• _EXERCISE GOAL_: Begin at the first line of the records below and, please, give each line again exactly until the line with "exec_events [] state = state" is included.

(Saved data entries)
################

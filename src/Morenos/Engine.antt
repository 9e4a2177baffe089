-- ===== src/Morenos/Engine.antt =====
-- `class ModelEngine` of Morenos/Scheduler_Model — копия/ModelEngine.h, which main.cpp runs. The
-- results of `validate` and `get_statistics` go to a local that nothing reads, and are left out, as is
-- the console output.
pub mod Pending
pub mod Stops
pub mod Program
use radar_software.Prelude.{
  ℕ, zero, suc, Bool, true, false, Option, none, some, List, [], ◌∷◌, ◌++◌, add64,
}
use radar_software.Double.{Double}
use radar_software.Morenos.Query.{
  QueryType, search_query, confirm, tech_control, drop, Query, new_query,
}
use radar_software.Morenos.EventQueue.{Event, EventQueue, add_event, get_events}
use radar_software.Morenos.CommandProcessor.{CommandProcessor, new_processor, append}
use radar_software.Morenos.CommandProcessor
use radar_software.Morenos.Scheduler.{Scheduler, new_scheduler}
use radar_software.Morenos.Scheduler

-- What the events of the constructor do.
pub data Action (D : Type 0) : Type 0 where
  add_queries : List (Query D) → Action D
  stop : Action D

pub record Engine (D : Type 0) : Type 0 where
  pub shed : Scheduler D
  pub command_processor : CommandProcessor
  pub ev_queue : EventQueue (Action D)
  pub model_time : ℕ
  pub running : Bool

abbrev pub time_step : ℕ
time_step = 1000000

-- `ev.exec(shed)` for each event: the queries and the flag after it.
unfoldable pub exec_events :
    {D : Type 0} → List (Event (Action D)) → Scheduler D × Bool → Scheduler D × Bool
exec_events [] state = state
exec_events (ev ∷ events) (shed, running) = exec_events events (elim ev.exec [
  | add_queries queries ↦ (record shed { queries = shed.queries ++ queries }, running)
  | stop ↦ (shed, false)
])

-- How the program ends within a number of rounds.
pub data Outcome (D : Type 0) : Type 0 where
  finished : Engine D → Outcome D
  aborted : Outcome D
  unfinished : Outcome D

module _ (double : Double) where
  open double use {D, decimal}

  -- One round of the loop of `run`; `none` if the scheduler ends the program.
  unfoldable pub round : Engine D → Option (Engine D)
  unfolding exec_events
  round e =
      let (events, queue) = get_events e.model_time e.ev_queue in
      let (shed, running) = exec_events events (e.shed, e.running) in
      elim (Scheduler.run double shed e.model_time) [
        | none ↦ none
        | some (command_list, shed') ↦ some (record {
          shed = shed';
          command_processor =
              CommandProcessor.run double (append e.command_processor command_list) e.model_time;
          ev_queue = queue;
          model_time = add64 e.model_time time_step;
          running = running;
        })
      ]

  -- The loop, for at most so many rounds.
  unfoldable pub rounds : ℕ → Engine D → Outcome D
  unfolding round
  rounds zero e = unfinished
  rounds (suc fuel) e = elim e.running [
    | false ↦ finished e
    | true ↦ elim (round e) [ none ↦ aborted | some e' ↦ rounds fuel e' ]
  ]

  -- `run`
  unfoldable pub run_model : ℕ → Engine D → Outcome D
  unfolding rounds
  run_model fuel e = rounds fuel (record e { running = true })

  abbrev search_of : ℕ → D → D → Query D
  search_of id range rcs =
      new_query (decimal 0 0) search_query id (decimal 50 0) (decimal 1 0) 0 range rcs true

  abbrev confirm_of : ℕ → ℕ → D → D → Query D
  confirm_of time id range rcs =
      new_query (decimal 0 0) confirm id (decimal 100 0) (decimal 0 0) time range rcs true

  abbrev drop_of : ℕ → ℕ → Query D
  drop_of time id =
      new_query (decimal 0 0) drop id (decimal 10 0) (decimal 1 0) time (decimal 0 0) (decimal 0 0)
        true

  abbrev event : ℕ → Action D → Event (Action D)
  event time action = record { trigger_time = time; exec = action }

  abbrev pub start_queries : List (Query D)
  start_queries =
      search_of 1000 (decimal 2000000 0) (decimal 15 0)
      ∷ search_of 2000 (decimal 1000000 0) (decimal 50 0)
      ∷ search_of 3000 (decimal 2100000 0) (decimal 50 0)
      ∷ new_query (decimal 0 0) tech_control 100 (decimal 1 0) (decimal 1 0) 0 (decimal 0 0)
          (decimal 0 0) true
      ∷ []

  abbrev pub first_target : List (Query D)
  first_target = confirm_of 10000000 1001 (decimal 2000000 0) (decimal 15 0) ∷ []

  abbrev pub more_targets : List (Query D)
  more_targets =
      confirm_of 100000000 2001 (decimal 1000000 0) (decimal 50 0)
      ∷ confirm_of 100000000 3001 (decimal 1000000 0) (decimal 50 0)
      ∷ confirm_of 100000000 4001 (decimal 2100000 0) (decimal 50 0)
      ∷ []

  abbrev pub drop_queries : List (Query D)
  drop_queries =
      drop_of 1000000000 1003
      ∷ drop_of 1000000000 2003
      ∷ drop_of 1000000000 3003
      ∷ drop_of 1000000000 4003
      ∷ drop_of 1000000000 1000
      ∷ drop_of 1000000000 2000
      ∷ drop_of 1000000000 3000
      ∷ []

  -- The events in the order of the constructor.
  unfoldable pub start_events : EventQueue (Action D)
  unfolding add_event
  start_events = add_event (event 15000000000 stop) (
      add_event (event 1000000000 (add_queries drop_queries)) (
        add_event (event 100000000 (add_queries more_targets)) (
          add_event (event 10000000 (add_queries first_target))
            (add_event (event 0 (add_queries start_queries)) []))))

  -- The constructor.
  unfoldable pub new_engine : Engine D
  unfolding start_events
  new_engine = record {
    shed = new_scheduler;
    command_processor = new_processor;
    ev_queue = start_events;
    model_time = 0;
    running = false;
  }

################

• _EXERCISE SOLUTION_:
filename src/Morenos/Engine.antt
repository 9e4a2177baffe089
-- ===== src/Morenos/Engine.antt =====
-- `class ModelEngine` of Morenos/Scheduler_Model — копия/ModelEngine.h, which main.cpp runs. The
-- results of `validate` and `get_statistics` go to a local that nothing reads, and are left out, as is
-- the console output.
pub mod Pending
pub mod Stops
pub mod Program
use radar_software.Prelude.{
  ℕ, zero, suc, Bool, true, false, Option, none, some, List, [], ◌∷◌, ◌++◌, add64,
}
use radar_software.Double.{Double}
use radar_software.Morenos.Query.{
  QueryType, search_query, confirm, tech_control, drop, Query, new_query,
}
use radar_software.Morenos.EventQueue.{Event, EventQueue, add_event, get_events}
use radar_software.Morenos.CommandProcessor.{CommandProcessor, new_processor, append}
use radar_software.Morenos.CommandProcessor
use radar_software.Morenos.Scheduler.{Scheduler, new_scheduler}
use radar_software.Morenos.Scheduler

-- What the events of the constructor do.
pub data Action (D : Type 0) : Type 0 where
  add_queries : List (Query D) → Action D
  stop : Action D

pub record Engine (D : Type 0) : Type 0 where
  pub shed : Scheduler D
  pub command_processor : CommandProcessor
  pub ev_queue : EventQueue (Action D)
  pub model_time : ℕ
  pub running : Bool

abbrev pub time_step : ℕ
time_step = 1000000

-- `ev.exec(shed)` for each event: the queries and the flag after it.
unfoldable pub exec_events :
    {D : Type 0} → List (Event (Action D)) → Scheduler D × Bool → Scheduler D × Bool
exec_events [] state = state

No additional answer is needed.